= Records =

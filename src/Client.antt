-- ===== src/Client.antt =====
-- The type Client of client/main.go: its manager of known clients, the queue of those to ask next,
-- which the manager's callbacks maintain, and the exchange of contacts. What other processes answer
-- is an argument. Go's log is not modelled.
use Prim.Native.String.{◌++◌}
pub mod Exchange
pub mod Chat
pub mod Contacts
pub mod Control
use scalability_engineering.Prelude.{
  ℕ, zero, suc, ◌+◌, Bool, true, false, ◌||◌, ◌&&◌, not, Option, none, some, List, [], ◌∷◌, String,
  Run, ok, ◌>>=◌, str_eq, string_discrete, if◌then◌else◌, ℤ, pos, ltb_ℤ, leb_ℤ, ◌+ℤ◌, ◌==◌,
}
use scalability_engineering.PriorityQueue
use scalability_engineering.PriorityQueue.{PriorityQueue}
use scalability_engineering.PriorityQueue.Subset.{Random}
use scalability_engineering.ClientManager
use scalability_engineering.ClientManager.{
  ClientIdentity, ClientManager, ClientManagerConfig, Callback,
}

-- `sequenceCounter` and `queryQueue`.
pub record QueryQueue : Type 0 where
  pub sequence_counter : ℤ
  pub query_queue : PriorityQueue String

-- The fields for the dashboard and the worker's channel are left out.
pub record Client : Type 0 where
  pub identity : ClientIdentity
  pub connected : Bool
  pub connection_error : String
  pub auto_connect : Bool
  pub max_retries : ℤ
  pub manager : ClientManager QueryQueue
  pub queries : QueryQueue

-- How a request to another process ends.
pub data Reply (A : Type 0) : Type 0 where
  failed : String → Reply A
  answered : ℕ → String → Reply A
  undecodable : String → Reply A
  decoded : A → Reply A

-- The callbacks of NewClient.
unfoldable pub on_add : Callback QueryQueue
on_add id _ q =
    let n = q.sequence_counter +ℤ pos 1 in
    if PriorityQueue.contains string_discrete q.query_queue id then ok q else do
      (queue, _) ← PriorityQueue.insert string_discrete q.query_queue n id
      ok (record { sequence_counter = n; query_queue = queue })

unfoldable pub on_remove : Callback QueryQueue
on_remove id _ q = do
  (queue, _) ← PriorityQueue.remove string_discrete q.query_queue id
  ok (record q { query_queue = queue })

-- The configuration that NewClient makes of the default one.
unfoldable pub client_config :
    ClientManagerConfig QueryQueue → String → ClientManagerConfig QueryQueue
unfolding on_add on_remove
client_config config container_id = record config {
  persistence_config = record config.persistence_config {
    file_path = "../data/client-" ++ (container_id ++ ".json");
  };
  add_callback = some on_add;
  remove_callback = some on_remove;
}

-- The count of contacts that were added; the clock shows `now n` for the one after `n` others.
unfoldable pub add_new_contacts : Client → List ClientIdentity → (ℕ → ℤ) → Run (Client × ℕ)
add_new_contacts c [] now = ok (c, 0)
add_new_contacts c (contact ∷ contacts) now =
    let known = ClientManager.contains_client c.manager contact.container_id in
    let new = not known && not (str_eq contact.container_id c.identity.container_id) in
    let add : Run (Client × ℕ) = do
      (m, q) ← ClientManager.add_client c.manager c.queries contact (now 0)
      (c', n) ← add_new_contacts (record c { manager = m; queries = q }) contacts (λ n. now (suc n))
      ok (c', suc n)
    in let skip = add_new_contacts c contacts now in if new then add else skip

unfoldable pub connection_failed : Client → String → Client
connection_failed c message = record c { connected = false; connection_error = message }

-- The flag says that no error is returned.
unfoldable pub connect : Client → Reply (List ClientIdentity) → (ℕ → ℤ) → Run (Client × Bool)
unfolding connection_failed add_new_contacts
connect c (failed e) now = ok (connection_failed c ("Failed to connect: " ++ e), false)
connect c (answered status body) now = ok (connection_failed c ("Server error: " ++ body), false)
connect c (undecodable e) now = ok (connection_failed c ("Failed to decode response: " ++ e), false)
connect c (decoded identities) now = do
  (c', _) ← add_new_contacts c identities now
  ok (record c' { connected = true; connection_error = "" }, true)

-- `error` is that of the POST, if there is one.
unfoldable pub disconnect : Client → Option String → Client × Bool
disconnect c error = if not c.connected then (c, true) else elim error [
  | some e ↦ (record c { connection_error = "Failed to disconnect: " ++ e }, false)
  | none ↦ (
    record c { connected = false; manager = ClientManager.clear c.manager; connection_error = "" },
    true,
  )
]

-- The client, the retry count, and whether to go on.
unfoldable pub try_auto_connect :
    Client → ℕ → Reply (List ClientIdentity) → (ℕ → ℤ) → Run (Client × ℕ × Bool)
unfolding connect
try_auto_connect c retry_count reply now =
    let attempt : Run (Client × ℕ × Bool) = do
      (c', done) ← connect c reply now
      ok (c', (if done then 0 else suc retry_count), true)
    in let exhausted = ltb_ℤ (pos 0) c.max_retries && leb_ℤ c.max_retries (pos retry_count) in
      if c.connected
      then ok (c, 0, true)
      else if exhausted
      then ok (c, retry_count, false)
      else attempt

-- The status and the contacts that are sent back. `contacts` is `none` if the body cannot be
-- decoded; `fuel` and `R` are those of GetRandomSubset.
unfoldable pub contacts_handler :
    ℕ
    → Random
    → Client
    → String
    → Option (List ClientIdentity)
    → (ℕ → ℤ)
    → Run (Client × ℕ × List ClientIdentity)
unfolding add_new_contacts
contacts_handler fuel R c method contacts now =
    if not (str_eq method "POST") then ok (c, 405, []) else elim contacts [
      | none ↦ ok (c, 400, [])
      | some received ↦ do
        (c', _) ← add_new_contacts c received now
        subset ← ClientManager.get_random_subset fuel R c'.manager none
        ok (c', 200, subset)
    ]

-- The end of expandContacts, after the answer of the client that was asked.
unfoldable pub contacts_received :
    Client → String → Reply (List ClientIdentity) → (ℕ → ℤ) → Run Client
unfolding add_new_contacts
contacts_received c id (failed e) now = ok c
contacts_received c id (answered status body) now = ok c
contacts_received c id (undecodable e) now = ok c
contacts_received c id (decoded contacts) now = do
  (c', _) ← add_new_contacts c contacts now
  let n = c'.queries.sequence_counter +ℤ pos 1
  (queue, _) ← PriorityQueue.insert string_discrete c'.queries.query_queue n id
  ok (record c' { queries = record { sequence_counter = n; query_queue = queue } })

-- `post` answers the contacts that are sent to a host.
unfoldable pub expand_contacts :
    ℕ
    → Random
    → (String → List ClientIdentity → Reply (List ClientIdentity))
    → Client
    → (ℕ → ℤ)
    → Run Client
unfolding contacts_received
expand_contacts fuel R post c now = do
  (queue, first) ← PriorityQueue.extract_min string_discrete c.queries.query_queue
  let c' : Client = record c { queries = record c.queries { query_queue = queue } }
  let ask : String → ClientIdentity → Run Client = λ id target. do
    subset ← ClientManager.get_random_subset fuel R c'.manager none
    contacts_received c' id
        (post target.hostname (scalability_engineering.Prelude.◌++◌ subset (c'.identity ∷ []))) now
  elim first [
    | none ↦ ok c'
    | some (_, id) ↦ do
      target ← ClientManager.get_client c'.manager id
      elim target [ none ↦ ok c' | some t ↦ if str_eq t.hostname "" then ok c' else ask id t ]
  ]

==

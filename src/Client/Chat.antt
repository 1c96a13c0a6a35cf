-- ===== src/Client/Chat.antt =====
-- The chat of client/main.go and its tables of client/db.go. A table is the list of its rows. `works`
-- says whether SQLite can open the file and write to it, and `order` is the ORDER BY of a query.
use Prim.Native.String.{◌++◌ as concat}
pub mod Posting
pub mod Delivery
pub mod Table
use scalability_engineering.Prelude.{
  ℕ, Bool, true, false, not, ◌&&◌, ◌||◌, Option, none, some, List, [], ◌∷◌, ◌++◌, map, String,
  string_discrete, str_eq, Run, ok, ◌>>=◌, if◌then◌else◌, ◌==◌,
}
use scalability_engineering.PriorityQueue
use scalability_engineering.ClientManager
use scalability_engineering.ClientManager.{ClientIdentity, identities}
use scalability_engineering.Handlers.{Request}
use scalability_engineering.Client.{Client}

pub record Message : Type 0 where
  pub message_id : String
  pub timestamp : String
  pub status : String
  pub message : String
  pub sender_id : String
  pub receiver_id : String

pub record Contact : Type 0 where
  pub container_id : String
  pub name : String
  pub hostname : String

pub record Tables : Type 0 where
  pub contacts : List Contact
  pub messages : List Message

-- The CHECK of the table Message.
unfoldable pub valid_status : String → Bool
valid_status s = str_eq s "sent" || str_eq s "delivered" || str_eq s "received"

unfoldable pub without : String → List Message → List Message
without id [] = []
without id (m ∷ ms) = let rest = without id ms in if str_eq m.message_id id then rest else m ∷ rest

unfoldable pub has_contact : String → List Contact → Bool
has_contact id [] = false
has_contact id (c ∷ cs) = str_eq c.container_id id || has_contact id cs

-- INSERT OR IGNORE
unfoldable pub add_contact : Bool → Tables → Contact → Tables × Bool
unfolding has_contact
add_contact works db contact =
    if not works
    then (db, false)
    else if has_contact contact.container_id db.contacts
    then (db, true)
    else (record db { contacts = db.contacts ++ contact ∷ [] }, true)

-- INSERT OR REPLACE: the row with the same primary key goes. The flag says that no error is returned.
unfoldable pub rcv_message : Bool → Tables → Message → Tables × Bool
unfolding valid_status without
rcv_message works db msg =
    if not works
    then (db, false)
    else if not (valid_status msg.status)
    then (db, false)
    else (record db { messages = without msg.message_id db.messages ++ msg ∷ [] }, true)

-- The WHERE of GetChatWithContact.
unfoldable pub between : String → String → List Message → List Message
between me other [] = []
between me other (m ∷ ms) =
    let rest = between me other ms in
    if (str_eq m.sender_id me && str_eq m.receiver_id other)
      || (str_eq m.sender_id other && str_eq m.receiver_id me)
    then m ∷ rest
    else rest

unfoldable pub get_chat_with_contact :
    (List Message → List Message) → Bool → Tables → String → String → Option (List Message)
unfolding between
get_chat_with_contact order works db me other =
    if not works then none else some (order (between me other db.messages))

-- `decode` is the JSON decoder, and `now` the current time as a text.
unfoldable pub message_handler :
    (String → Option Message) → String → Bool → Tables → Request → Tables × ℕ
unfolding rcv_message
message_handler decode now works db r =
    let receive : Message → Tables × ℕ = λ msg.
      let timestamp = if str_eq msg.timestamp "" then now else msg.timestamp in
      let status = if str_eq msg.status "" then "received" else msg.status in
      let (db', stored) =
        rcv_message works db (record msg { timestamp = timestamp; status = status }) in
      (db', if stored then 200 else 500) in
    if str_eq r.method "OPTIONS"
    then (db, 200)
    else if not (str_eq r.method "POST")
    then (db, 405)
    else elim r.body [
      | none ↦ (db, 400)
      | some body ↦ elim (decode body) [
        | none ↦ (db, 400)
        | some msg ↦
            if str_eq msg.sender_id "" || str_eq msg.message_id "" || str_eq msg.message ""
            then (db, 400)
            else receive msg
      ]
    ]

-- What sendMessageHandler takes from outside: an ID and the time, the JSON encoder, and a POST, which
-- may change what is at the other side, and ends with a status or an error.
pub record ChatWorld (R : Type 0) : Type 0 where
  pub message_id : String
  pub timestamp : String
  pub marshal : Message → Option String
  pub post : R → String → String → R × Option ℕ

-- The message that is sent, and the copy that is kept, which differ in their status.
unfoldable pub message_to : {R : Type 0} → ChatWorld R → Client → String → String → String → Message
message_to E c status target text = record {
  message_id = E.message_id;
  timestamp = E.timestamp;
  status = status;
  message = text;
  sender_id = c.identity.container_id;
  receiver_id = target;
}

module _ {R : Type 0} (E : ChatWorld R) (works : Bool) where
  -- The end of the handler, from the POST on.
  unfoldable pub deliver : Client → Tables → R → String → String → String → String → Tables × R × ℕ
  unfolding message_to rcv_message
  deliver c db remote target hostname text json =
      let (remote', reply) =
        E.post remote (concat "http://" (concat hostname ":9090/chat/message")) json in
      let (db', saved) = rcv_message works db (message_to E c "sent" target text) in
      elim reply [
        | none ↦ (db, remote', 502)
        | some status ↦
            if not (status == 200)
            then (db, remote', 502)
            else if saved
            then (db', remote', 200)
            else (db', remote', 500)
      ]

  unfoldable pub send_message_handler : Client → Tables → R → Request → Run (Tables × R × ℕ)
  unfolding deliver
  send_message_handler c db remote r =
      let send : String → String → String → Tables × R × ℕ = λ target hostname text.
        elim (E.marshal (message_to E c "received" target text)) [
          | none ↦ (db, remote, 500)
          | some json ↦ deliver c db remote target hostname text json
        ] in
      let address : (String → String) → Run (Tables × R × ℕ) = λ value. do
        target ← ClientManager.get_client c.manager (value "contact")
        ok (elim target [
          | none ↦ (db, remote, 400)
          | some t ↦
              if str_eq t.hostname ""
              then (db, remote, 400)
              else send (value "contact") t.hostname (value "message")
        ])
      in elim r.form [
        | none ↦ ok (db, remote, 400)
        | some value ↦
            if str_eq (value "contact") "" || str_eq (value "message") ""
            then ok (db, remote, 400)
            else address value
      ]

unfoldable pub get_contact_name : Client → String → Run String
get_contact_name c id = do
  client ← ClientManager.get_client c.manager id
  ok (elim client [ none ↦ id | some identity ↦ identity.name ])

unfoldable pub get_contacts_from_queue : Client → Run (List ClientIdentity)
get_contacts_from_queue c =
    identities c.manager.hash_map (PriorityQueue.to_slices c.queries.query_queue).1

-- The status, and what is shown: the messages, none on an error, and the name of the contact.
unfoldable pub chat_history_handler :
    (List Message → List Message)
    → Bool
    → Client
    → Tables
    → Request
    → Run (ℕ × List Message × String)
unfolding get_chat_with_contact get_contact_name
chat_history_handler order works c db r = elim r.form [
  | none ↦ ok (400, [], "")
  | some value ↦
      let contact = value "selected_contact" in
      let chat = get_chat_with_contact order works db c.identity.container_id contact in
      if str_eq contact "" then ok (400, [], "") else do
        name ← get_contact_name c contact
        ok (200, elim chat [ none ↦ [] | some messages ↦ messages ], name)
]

= Your objective =
Using the listing above, list every line in which the string "data" occurs.

= Solution below =
pub data Reply (A : Type 0) : Type 0 where
    file_path = "../data/client-" ++ (container_id ++ ".json");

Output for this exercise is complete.